Update 5: January 8,
2002-1
Copyright © 2002 Earth Policy Institute
World Wind Generating Capacity Jumps 31 Percent in 2001
Lester R. Brown
Preliminary data show world wind electric generating
capacity climbing from 17,800 megawatts in 2000 to an estimated 23,300
megawatts in 2001--a dramatic one-year gain of 5,500 megawatts or 31 percent.
As generating costs continue to fall and as public concern about climate
change escalates, the world is fast turning to wind for its electricity.
Since 1995, world wind-generating capacity has increased an astounding
487 percent, or nearly fivefold. During the same period, the use of coal,
the principal alternative for generating electricity, declined by 9 percent.
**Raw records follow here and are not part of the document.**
-- ===== src/Auth/SignIn.antt =====
-- Sign-in by the accounts of users.json: authenticatePersistentUser in pkg/webserver/auth_store.go.
use sitebrush_v.Prelude.{
  ℕ, ◌≡◌, ◌≢◌, ◌⊎◌, refl, sym, subst, Bool, true, List, ◌∷◌, ◌++◌, Option, none, some, arith, inl,
  inr, count_if,
}
use sitebrush_v.Prelude.Int.{ℤ}
use sitebrush_v.Text.{Text, Unicode}
use sitebrush_v.Files.{Write, written, unsynced, atomic_write_file}
use sitebrush_v.Data.{User}
use sitebrush_v.Auth.Store.{
  AuthStore, AuthFile, load_failed, Result, ok, err, load_auth_store, save_auth_store, split_first,
}
use sitebrush_v.Auth.Accounts.{has_email, sign_in, authenticate_persistent_user}
use sitebrush_v.Auth.Store.First.{split_first-some, split_first-append}
use sitebrush_v.Auth.Store.Changes.{Replaces, loading}

answer-cases :
    (r : Result (Option User))
    → ((signed : User) × (r ≡ ok (some signed))) ⊎ ((signed : User) → r ≢ ok (some signed))
answer-cases (ok (some signed)) = inl (signed, refl)
answer-cases (ok none) = inr (λ signed. ground arith)
answer-cases (err e) = inr (λ signed. ground arith)

module _ (verify : Text → Text → Option Bool) (writes : Write) (clock : ℕ) (file : AuthFile) where
  module _ (u : Unicode) (unix : ℤ) (email password : Text) where
    sign_in-Replaces :
        (store : AuthStore) (found : Option (List User × User × List User)) (signed : User)
        → load_auth_store file ≡ some store
        → split_first (has_email u email) store.users ≡ found
        → (sign_in verify writes clock unix file store password found).1 ≡ ok (some signed)
        → (user : User) × (verify password user.password_hash ≡ some true)
          × (signed ≡ record user { last_visit_time = unix })
          × Replaces
              (has_email u email)
              file
              (sign_in verify writes clock unix file store password found).0
              clock
              user
              signed
    unfolding sign_in save_auth_store atomic_write_file
    sign_in-Replaces store none signed l e h = ground arith
    sign_in-Replaces store (some (before, user, after)) signed l e h =
        let (cut, good) = split_first-some _ store.users before user after e in
        (
          user,
          ground arith,
          ground arith,
          record {
            store = store;
            before = before;
            after = after;
            loaded = l;
            found = cut;
            chosen = good;
            saved = ground arith;
          },
        )

    -- What sign-in leaves, and what it answers.
    abbrev pub SignInOutcome : AuthFile × Result (Option User) → Type 0
    SignInOutcome out =
        ((signed : User) × (user : User) × (out.1 ≡ ok (some signed))
          × (verify password user.password_hash ≡ some true)
          × (signed ≡ record user { last_visit_time = unix })
          × Replaces (has_email u email) file out.0 clock user signed)
        ⊎ (((out.0 ≡ file) ⊎ (unsynced writes ≡ true))
            × ((signed : User) → out.1 ≢ ok (some signed)))

    sign_in-kept :
        (store : AuthStore) (found : Option (List User × User × List User))
        → ((signed : User)
            → (sign_in verify writes clock unix file store password found).1 ≢ ok (some signed))
        → ((sign_in verify writes clock unix file store password found).0 ≡ file)
          ⊎ (unsynced writes ≡ true)
    unfolding sign_in save_auth_store atomic_write_file
    sign_in-kept store none nobody = inl refl
    sign_in-kept store (some (before, user, after)) nobody =
        ground (arith, nobody (record user { last_visit_time = unix }))

    sign_in_outcome :
        (store : AuthStore)
        → load_auth_store file ≡ some store
        → SignInOutcome (
            sign_in verify writes clock unix file store password
              (split_first (has_email u email) store.users))
    sign_in_outcome store l =
        elim (answer-cases
          (sign_in verify writes clock unix file store password
            (split_first (has_email u email) store.users)).1) [
              | inl (signed, said) ↦
                  let (user, right, seen, change) = sign_in-Replaces store _ signed l refl said in
                  inl (signed, user, said, right, seen, change)
              | inr nobody ↦ inr (sign_in-kept store _ nobody, nobody)
            ]

    sign_in_loaded :
        (store : AuthStore)
        → load_auth_store file ≡ some store
        → authenticate_persistent_user u verify writes clock unix file email password
          ≡ sign_in verify writes clock unix file store password
              (split_first (has_email u email) store.users)
    unfolding authenticate_persistent_user
    sign_in_loaded store l = ground arith

    sign_in_unloaded :
        load_auth_store file ≡ none
        → authenticate_persistent_user u verify writes clock unix file email password
          ≡ (file, err load_failed)
    unfolding authenticate_persistent_user
    sign_in_unloaded l = ground arith

    -- Sign-in either answers with a user of the file, found by the e-mail address, active and with the right
    -- password, and then the file is written with the time of the visit at that user alone; or it answers
    -- with no user and leaves the file as it was, unless the sync of the directory failed behind the rename.
    pub authenticate_persistent_user_outcome :
        SignInOutcome (authenticate_persistent_user u verify writes clock unix file email password)
    authenticate_persistent_user_outcome = elim (loading file) [
      | inl (store, l) ↦
          subst SignInOutcome (sym (sign_in_loaded store l)) (sign_in_outcome store l)
      | inr l ↦
          subst SignInOutcome (sym (sign_in_unloaded l)) (inr (inl refl, λ signed. ground arith))
    ]

    -- Where the file can be read and written, the first active user with the e-mail address signs in with
    -- the right password.
    pub authenticate_persistent_user-accepts :
        (store : AuthStore) (before : List User) (user : User) (after : List User)
        → written writes ≡ true
        → load_auth_store file ≡ some store
        → store.users ≡ before ++ user ∷ after
        → count_if (has_email u email) before ≡ 0
        → has_email u email user ≡ true
        → verify password user.password_hash ≡ some true
        → (authenticate_persistent_user u verify writes clock unix file email password).1
          ≡ ok (some (record user { last_visit_time = unix }))
    unfolding authenticate_persistent_user sign_in
    authenticate_persistent_user-accepts store before user after w l cut others good right =
        ground (arith, split_first-append (has_email u email) before user after others good)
One megawatt of wind-generating capacity typically will satisfy the electricity
needs of 350 households in an industrial society, or roughly 1,000 people.
Thus, the 23,300 megawatts of generating capacity now in place is sufficient
to meet the residential electricity needs of some 23 million people--equal
to the combined population of Denmark, Finland, Norway, and Sweden.
In wind electric-generating capacity, Germany leads the world with 8,000
megawatts, nearly a third of the total. The United States, which launched
the modern wind power industry in California in the early 1980s, follows
with 4,150 megawatts. Spain is in third place, with 3,300 megawatts. Denmark,
which is fourth with 2,500 megawatts, now gets 18 percent of its electricity
from wind. Two thirds of the capacity added in 2001 was concentrated in
the top three countries: Germany added 1,890 megawatts; the United States,
1,600; and Spain, 1,065. For the United States, this translates into a
growth in generating capacity of some 63 percent in 2001.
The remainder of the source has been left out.